Partnerships for Better Health – CIHR-ICRH Strategic Plan 2022-2025
Theme 1: Strengthening Indigenous Health Research (IHR)

Long description

The Institute embraces allyship and recognizes the need to work with Indigenous leaders to co-develop distinction-based approaches to improve the circulatory and respiratory health and wellness of all Indigenous Peoples in Canada.

Strategic Goal

To continue to champion research activities led by Indigenous Peoples (First Nations, Inuit and Métis) and people with demonstrated culturally safe engagement with Indigenous communities.


Addressing Indigenous health has historically been a focus for ICRH as circulatory and respiratory health issues are disproportionately seen in, and affect, Indigenous populations.
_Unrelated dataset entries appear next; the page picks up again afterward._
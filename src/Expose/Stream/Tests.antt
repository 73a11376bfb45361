-- ===== src/Expose/Stream/Tests.antt =====
-- The two copies of the stream at concrete calls.
use loophole.Base.{◌≡◌, false, none, some, List, [], ◌∷◌, ok, err}
use loophole.Text.{codes}
use loophole.Socket.{message, binary}
use loophole.Expose.Stream.{WsCompat, as_compat}
use loophole.Expose.Stream.Same.{
  Call, read, write, flush, close, client_run, server_run, client_run-same,
}

abbrev ws : WsCompat
ws = record {
  inner = some (message (binary (codes "hello"))) ∷ [];
  read_buffer = [];
  closed = false;
}

abbrev calls : List Call
calls =
    read 2
    ∷ write (codes "ab") (some (ok tt)) (ok tt)
    ∷ flush none
    ∷ read 9
    ∷ read 9
    ∷ close (some (err (codes "broken")))
    ∷ []

client_run-same_example : client_run ws [] calls ≡ server_run (as_compat ws) [] calls
client_run-same_example = client_run-same ws [] calls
Sleep is also identified as a serious concern for Indigenous communities, and insufficient sleep and insomnia are linked to circulatory and respiratory health inequities.

These disproportionate health effects are a result of multiple intersecting factors that include psychosocial stressors stemming from colonization and historical trauma related to harms as the result of the residential schools system, racism and systemic discrimination (including within the health system), economic and job inequity, poor and overcrowded housing, access to safe drinking water, multiple healthcare jurisdictions and limited access to health care services due in part to rural and remote locations of some Indigenous communities.

Since 2016, ICRH has prioritized IHR in many of its activities to address these circulatory and respiratory health inequities more purposefully. Through our supporting role as an ally, we have worked with Indigenous leaders to inform our involvement and investments in CIHR programs such as the Network Environments for Indigenous Health Research (NEIHR), Indigenous component of the Healthy Life Trajectories Initiative (I-HeLTI), Transitions in Care (TiC), Diabetes Prevention and Treatment in Indigenous Communities: Resilience and Wellness.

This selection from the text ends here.